[Stored items]
+---+

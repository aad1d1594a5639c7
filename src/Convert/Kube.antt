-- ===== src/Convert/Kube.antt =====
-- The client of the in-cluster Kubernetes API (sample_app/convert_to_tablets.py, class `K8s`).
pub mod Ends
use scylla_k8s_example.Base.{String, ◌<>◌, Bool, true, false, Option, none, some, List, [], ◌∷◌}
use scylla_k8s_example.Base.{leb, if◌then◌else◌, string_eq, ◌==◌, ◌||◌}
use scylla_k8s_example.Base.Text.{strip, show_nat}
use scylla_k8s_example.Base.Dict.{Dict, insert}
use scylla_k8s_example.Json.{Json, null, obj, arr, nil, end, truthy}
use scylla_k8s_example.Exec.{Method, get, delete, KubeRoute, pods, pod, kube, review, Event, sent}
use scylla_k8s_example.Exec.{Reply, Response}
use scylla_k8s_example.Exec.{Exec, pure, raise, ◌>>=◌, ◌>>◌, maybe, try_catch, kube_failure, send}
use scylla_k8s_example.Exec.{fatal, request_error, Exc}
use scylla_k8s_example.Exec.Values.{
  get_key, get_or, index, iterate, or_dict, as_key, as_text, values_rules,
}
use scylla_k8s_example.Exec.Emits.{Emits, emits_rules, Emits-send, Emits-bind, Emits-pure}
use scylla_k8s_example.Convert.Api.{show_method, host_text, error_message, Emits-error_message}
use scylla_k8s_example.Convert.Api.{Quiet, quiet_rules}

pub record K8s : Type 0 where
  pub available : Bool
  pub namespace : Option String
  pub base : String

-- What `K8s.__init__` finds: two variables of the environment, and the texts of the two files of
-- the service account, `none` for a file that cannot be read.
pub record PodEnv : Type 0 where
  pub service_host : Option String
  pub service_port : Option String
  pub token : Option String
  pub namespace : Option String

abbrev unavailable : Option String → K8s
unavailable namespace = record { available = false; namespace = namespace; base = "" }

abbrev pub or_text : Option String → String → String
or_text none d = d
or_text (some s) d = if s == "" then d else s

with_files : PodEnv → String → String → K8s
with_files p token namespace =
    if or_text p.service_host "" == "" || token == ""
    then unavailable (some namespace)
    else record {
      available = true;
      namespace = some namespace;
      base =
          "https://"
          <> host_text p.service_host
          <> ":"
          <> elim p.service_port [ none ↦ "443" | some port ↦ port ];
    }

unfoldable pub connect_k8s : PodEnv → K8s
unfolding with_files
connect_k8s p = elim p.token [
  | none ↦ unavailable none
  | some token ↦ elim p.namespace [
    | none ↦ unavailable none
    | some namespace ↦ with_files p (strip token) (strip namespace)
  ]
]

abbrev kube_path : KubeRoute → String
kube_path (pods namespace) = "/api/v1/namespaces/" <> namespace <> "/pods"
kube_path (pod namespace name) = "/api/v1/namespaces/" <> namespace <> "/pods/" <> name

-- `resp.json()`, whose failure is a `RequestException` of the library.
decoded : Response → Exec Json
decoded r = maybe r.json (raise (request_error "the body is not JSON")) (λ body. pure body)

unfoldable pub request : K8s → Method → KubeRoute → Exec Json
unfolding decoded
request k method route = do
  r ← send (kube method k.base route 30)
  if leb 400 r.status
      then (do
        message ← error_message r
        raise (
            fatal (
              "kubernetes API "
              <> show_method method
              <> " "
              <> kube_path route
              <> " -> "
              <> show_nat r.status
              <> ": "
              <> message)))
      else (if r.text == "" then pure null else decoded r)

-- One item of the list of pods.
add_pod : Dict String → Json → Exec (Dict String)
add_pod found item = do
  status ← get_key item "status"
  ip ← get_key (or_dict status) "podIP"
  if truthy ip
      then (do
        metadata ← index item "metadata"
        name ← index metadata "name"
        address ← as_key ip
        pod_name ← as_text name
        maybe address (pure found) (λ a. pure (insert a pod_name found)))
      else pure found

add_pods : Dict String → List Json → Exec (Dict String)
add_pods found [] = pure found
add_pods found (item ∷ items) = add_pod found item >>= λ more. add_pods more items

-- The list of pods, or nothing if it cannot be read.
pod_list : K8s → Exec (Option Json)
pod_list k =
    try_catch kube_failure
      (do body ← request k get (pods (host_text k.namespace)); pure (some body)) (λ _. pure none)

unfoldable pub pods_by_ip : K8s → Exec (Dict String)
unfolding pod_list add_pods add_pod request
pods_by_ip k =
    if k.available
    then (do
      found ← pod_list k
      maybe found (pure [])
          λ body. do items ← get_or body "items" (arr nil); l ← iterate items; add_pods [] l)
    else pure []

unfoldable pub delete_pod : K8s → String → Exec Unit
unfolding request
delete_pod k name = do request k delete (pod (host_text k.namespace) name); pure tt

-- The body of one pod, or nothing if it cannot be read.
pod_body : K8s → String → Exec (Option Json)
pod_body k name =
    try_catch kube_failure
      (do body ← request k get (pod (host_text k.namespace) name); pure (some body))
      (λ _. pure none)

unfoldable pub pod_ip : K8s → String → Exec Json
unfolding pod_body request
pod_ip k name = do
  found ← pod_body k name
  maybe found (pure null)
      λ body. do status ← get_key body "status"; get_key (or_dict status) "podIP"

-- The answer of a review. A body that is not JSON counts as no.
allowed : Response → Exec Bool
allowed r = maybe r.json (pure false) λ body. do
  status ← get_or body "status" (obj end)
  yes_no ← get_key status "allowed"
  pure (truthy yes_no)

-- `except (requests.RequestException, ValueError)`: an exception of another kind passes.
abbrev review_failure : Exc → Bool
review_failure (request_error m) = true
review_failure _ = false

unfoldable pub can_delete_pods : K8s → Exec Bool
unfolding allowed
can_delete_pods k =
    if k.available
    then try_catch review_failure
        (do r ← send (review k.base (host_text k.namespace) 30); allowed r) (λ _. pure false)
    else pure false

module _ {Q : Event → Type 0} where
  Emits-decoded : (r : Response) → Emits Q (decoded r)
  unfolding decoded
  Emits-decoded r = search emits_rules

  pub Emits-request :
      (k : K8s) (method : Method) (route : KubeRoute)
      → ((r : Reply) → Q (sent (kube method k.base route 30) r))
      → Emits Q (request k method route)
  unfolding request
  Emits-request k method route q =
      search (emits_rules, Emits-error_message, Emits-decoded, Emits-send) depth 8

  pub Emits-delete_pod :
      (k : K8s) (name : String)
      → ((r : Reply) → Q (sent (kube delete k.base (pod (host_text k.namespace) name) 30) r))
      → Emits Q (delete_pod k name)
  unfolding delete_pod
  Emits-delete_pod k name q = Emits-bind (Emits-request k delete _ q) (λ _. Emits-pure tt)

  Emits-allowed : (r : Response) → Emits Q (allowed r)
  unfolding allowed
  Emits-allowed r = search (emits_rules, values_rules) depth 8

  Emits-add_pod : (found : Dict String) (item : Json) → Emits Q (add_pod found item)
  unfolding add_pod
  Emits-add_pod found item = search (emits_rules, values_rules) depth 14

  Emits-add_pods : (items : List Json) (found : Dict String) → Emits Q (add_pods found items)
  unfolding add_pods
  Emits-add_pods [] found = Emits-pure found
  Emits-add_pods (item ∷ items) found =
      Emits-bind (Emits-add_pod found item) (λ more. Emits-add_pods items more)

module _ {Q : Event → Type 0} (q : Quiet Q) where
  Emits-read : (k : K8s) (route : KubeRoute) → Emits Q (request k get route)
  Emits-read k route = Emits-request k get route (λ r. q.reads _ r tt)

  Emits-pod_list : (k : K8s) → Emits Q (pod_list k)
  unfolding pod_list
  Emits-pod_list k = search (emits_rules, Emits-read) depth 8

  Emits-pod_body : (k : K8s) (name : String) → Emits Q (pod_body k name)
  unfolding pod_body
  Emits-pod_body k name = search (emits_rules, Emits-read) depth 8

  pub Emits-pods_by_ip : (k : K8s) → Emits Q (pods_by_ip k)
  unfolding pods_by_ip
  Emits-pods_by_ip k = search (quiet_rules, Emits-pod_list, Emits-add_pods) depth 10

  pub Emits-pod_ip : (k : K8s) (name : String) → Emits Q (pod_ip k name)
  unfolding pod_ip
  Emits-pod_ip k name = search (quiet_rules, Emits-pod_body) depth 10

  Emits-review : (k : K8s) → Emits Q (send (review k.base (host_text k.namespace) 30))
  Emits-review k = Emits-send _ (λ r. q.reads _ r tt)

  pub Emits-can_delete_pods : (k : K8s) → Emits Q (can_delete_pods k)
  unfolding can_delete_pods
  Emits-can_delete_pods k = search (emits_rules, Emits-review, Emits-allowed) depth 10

+---+

**Activity**
Answer with a number only: how many lines above have the word "none"?

**Solved exercise**
8